Manuscript Submission Deadline

Special Issue

The modern networks are anticipated to connect billions of wireless devices due to the popularity of smartphones, wearable devices, and ubiquitous wireless sensors for various applications. In the last decade, the rapid deployment of massive devices and applications has caused a growing demand for wireless radio spectrum. Cognitive Radio (CR) was proposed to utilize the spectrum efficiently in an opportunistic way, which is evolved to be an intelligent radio that can change its transmitter parameters according to the interactions with the environment. CR network equips its users with cognitive capability to sense and gather information from the surrounding environment and with reconfigurability to rapidly adapt the operational parameters according to the sensed information. This can be formulated as a study problem of user: any user perceives its environment and takes actions that maximize its chance of successfully achieving its goals. To explore the study of intelligent agent, Artificial Intelligence (AI) defined as a machine mimics "cognitive" functions that humans associate with other human minds, such as "learning" and "problem solving" is brought to use in CR networks, named AI-enabled Radio and Networks. 
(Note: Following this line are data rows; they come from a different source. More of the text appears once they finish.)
-- ===== src/Cpu/Trapping/Keeps.antt =====
-- Taking a trap or an interrupt leaves a valid hart.
use rv64_emulator.Common.{
  ℕ, ◌^◌, ◌<◌, arith, Bool, true, false, nonzero, not, bit_and, if◌then◌else◌,
}
use rv64_emulator.Bits.Digit.{bit_not}
use rv64_emulator.Bits.Bounds.{bit_and-lt, set_field-lt}
use rv64_emulator.Cpu.Trap.{Trap, TrapType, get_trap_pc, trap_to_cause, is_trap}
use rv64_emulator.Cpu.Mode.{PrivilegeMode, supervisor, machine, mode_eq, mode_index}
use rv64_emulator.Cpu.Csr.Addr.{csr_mip}
use rv64_emulator.Cpu.Csr.Layout.{sie, mie}
use rv64_emulator.Cpu.Csr.State.{State, read, write, get, set_wfi}
use rv64_emulator.Cpu.Csr.Invariant.{write-IsValid, read-lt, set_wfi-IsValid}
use rv64_emulator.Cpu.Csr.Invariant
use rv64_emulator.Cpu.Hart.{Cpu}
use rv64_emulator.Cpu.Hart.Valid.{IsValid, set_state-IsValid}
use rv64_emulator.Libs.Util.{trap_to_mask}
use rv64_emulator.Cpu.Trapping.{
  cause_word, enter_s, enter_m, trap_state, traps_to_s, epc_reg, cause_reg, tval_reg, tvec_reg,
  handle_trap, handle_interrupt, final_interrupt,
}

get_trap_pc-lt : (tvec cause : ℕ) → get_trap_pc tvec cause < 2 ^ 64
unfolding get_trap_pc
get_trap_pc-lt tvec cause = omega arith

cause_word-lt : (t : TrapType) → cause_word t < 2 ^ 64
unfolding cause_word
cause_word-lt t =
    set_field-lt _ 63 1 _ (set_field-lt 0 0 63 (trap_to_cause t) (omega arith) (omega arith))
      (omega arith)

enter_s-lt :
    (status : ℕ) (origin : PrivilegeMode) → status < 2 ^ 64 → enter_s status origin < 2 ^ 64
unfolding enter_s
enter_s-lt status origin h =
    set_field-lt _ 8 1 (mode_index origin)
      (set_field-lt _ 1 1 0 (set_field-lt status 5 1 (get status sie) h (omega arith))
        (omega arith))
      (omega arith)

enter_m-lt :
    (status : ℕ) (origin : PrivilegeMode) → status < 2 ^ 64 → enter_m status origin < 2 ^ 64
unfolding enter_m
enter_m-lt status origin h =
    set_field-lt _ 11 2 (mode_index origin)
      (set_field-lt _ 3 1 0 (set_field-lt status 7 1 (get status mie) h (omega arith))
        (omega arith))
      (omega arith)

entered :
    (b : Bool) (status : ℕ) (origin : PrivilegeMode)
    → status < 2 ^ 64
    → (if b then enter_s status origin else enter_m status origin) < 2 ^ 64
entered true status origin h = enter_s-lt status origin h
entered false status origin h = enter_m-lt status origin h

trap_state-IsValid :
    (s : State) (origin target : PrivilegeMode) (trap : Trap) (epc : ℕ)
    → Invariant.IsValid s
    → trap.val < 2 ^ 64
    → epc < 2 ^ 64
    → Invariant.IsValid (trap_state s origin target trap epc)
unfolding trap_state
trap_state-IsValid s origin target trap epc v h k =
    write-IsValid _ _ _
      (write-IsValid _ (tval_reg target) _
        (write-IsValid _ (cause_reg target) _ (write-IsValid s (epc_reg target) epc v k)
          (cause_word-lt trap.type))
        h)
      (entered (mode_eq target supervisor) _ origin (read-lt s _ v))

module _ {B : Type 0} (P : B → Type 0) where
  pub handle_trap-IsValid :
      (c : Cpu B) (trap : Trap) (epc : ℕ)
      → IsValid P c
      → trap.val < 2 ^ 64
      → epc < 2 ^ 64
      → IsValid P (handle_trap c trap epc)
  unfolding handle_trap
  handle_trap-IsValid c trap epc v h k = taken (not (is_trap trap.type))
    where
      target : PrivilegeMode
      target = if traps_to_s c.state c.priv_mode trap.type then supervisor else machine

      taken :
          (b : Bool)
          → IsValid P (
              if b then c else record c {
                pc = get_trap_pc (read c.state (tvec_reg target)) (trap_to_cause trap.type);
                state = trap_state c.state c.priv_mode target trap epc;
                priv_mode = target;
              })
      taken true = v
      taken false = record {
        pc_word = get_trap_pc-lt _ _;
        instret_word = v.instret_word;
        words = v.words;
        registers = trap_state-IsValid c.state c.priv_mode target trap epc v.registers h k;
        unit = v.unit;
      }

  pub handle_interrupt-IsValid :
      (c : Cpu B) (addr : ℕ) → IsValid P c → addr < 2 ^ 64 → IsValid P (handle_interrupt c addr)
  unfolding handle_interrupt
  handle_interrupt-IsValid c addr v h = set_state-IsValid P c1 _ valid (woken (nonzero mask))
    where
      t : TrapType
      t = final_interrupt c.state c.priv_mode

      mask : ℕ
      mask = trap_to_mask t

      c1 : Cpu B
      c1 = handle_trap c (record { type = t; val = c.pc }) addr

      valid : IsValid P c1
      valid = handle_trap-IsValid c (record { type = t; val = c.pc }) addr v v.pc_word h

      s : State
      s = write c1.state csr_mip (bit_and (read c.state csr_mip) (bit_not 64 mask))

      s-IsValid : Invariant.IsValid s
      s-IsValid =
          write-IsValid c1.state csr_mip _ valid.registers
            (bit_and-lt _ (bit_not 64 mask) (read-lt c.state csr_mip v.registers))

      woken : (b : Bool) → Invariant.IsValid (if b then set_wfi s false else s)
      woken true = set_wfi-IsValid s false s-IsValid
      woken false = s-IsValid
The ultimate design goal of future wireless networks is to meet diverse Quality of Service (QoS) requirements of end users. This calls for the network entities in nature to be cognitive of the network environment and autonomous in decision making. Different network entities in the network layer, control layer, and management and orchestration layer, such as wireless devices, base stations, and SDN controllers need to make local and autonomous decisions, including spectrum access, channel allocation, power control, etc. to achieve different goals of different networks, e.g., throughput maximization, delay and energy minimization. This decision-making problem can be modelled as an MDP, which then be solved by reinforcement learning algorithm that is a branch of AI algorithms. However, the reinforcement learning process, even though proved to converge, takes a lot of time to reach the optimal policy as it needs to explore and gain knowledge of the entire system. As the future wireless networks have been becoming large-scale and complicated, we face a more decentralized and diverse network environment. Hence, the network control problems become very challenging as the dimensionality and computational complexity rapidly increase beyond the manageable range of reinforcement learning, due to the dynamic and uncertain network status, as well as the coexistence and couplings among different wireless users with heterogeneities.
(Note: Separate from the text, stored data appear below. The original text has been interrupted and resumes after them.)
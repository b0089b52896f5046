-- ===== src/Cpu/Tick/Zero.antt =====
-- Register x0 is zero after every step of the hart.
use mathlib.Core.Path.{subst}
use rv64_emulator.Common.{ℕ, ◌∙◌, ◌≡◌, arith}
use rv64_emulator.Common.{Option, none, some}
use rv64_emulator.Device.Mmio.{MmioDevice}
use rv64_emulator.Cpu.Trap.{Trap}
use rv64_emulator.Cpu.Hart.{Cpu, fetch}
use rv64_emulator.Cpu.Trapping.{handle_trap, handle_interrupt}
use rv64_emulator.Cpu.Tick.{Lines, set_lines, wait, run_word, tick_operate, finish, tick}

module _ {B : Type 0} where
  handle_trap_x0 : (c : Cpu B) (t : Trap) (epc : ℕ) → (handle_trap c t epc).xregs 0 ≡ c.xregs 0
  unfolding handle_trap
  handle_trap_x0 c t epc = ground arith

  finish_x0 : (epc : ℕ) (t : Trap) (c : Cpu B) → (finish epc t c).xregs 0 ≡ c.xregs 0
  unfolding finish handle_interrupt handle_trap
  finish_x0 epc t c = ground arith

  set_lines_x0 : (l : Lines) (c : Cpu B) → (set_lines l c).xregs 0 ≡ c.xregs 0
  unfolding set_lines
  set_lines_x0 l c = ground arith

  wait_x0 : (c : Cpu B) → (wait c).xregs 0 ≡ c.xregs 0
  unfolding wait
  wait_x0 c = ground arith

  module _ (m : MmioDevice B) (now : ℕ) where
    -- A result whose hart has the given value in x0.
    abbrev HasX0 : {A : Type 0} → ℕ → Option (A × Cpu B) → Type 0
    HasX0 z none = Unit {0}
    HasX0 z (some (r, c)) = c.xregs 0 ≡ z

    fetch_x0 : (c : Cpu B) (addr n : ℕ) → HasX0 (c.xregs 0) (fetch m c addr n)
    unfolding fetch
    fetch_x0 c addr n = ground arith

    run_word_x0 : (c : Cpu B) (word : ℕ) → c.xregs 0 ≡ 0 → HasX0 0 (run_word m now c word)
    unfolding run_word
    run_word_x0 c word z = ground arith

    tick_operate_x0 : (c : Cpu B) → c.xregs 0 ≡ 0 → HasX0 0 (tick_operate m now c)
    unfolding tick_operate
    tick_operate_x0 c z = ground (arith, fetch_x0 c c.pc 4, wait_x0 c)

  abbrev ZeroAfter : Option (Cpu B) → Type 0
  ZeroAfter none = Unit {0}
  ZeroAfter (some c) = c.xregs 0 ≡ 0

  tick_zero :
      (m : MmioDevice B) (now : ℕ) (l : Lines) (c : Cpu B)
      → c.xregs 0 ≡ 0
      → ZeroAfter (tick m now l c)
  unfolding tick
  tick_zero m now l c z =
      after (tick_operate m now (set_lines l c))
        (tick_operate_x0 m now (set_lines l c) (set_lines_x0 l c ∙ z))
    where
      after :
          (r : Option (Trap × Cpu B))
          → HasX0 m now 0 r
          → ZeroAfter
              (elim r [ none ↦ none | some (t, c1) ↦ some (finish (set_lines l c).pc t c1) ])
      after none h = tt
      after (some (t, c1)) h = finish_x0 _ t c1 ∙ h

-- A step of a hart whose register x0 is zero leaves it zero.
pub tick_x0 :
    {B : Type 0} (m : MmioDevice B) (now : ℕ) (l : Lines) (c c1 : Cpu B)
    → c.xregs 0 ≡ 0
    → tick m now l c ≡ some c1
    → c1.xregs 0 ≡ 0
tick_x0 m now l c c1 z e = subst ZeroAfter e (tick_zero m now l c z)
To address the curse of dimension problem in reinforcement learning, deep learning which is a part of a broader family of machine learning methods is proposed, and thus opens a new era for the development of reinforcement learning, namely Deep Reinforcement Learning (DRL). The DRL embraces the advantage of Deep Neural Networks (DNNs) as powerful function approximators, thereby improving the learning speed and the performance of reinforcement learning algorithms for high dimensional and continuous control problems. The integration of DRL into future wireless networks will revolutionize the conventional model-based network optimization to model-free approaches and to meet various application demands. By continuously interacting with the environment, DRL provides an autonomous decision-making mechanism for the network entities to learn and build knowledge about the network environment. Hence, the network entities can solve non-convex, complex and even model-free problems, e.g., spectrum access, handover, scheduling, caching, data offloading, and resource allocation, with minimum or without information exchange among each other.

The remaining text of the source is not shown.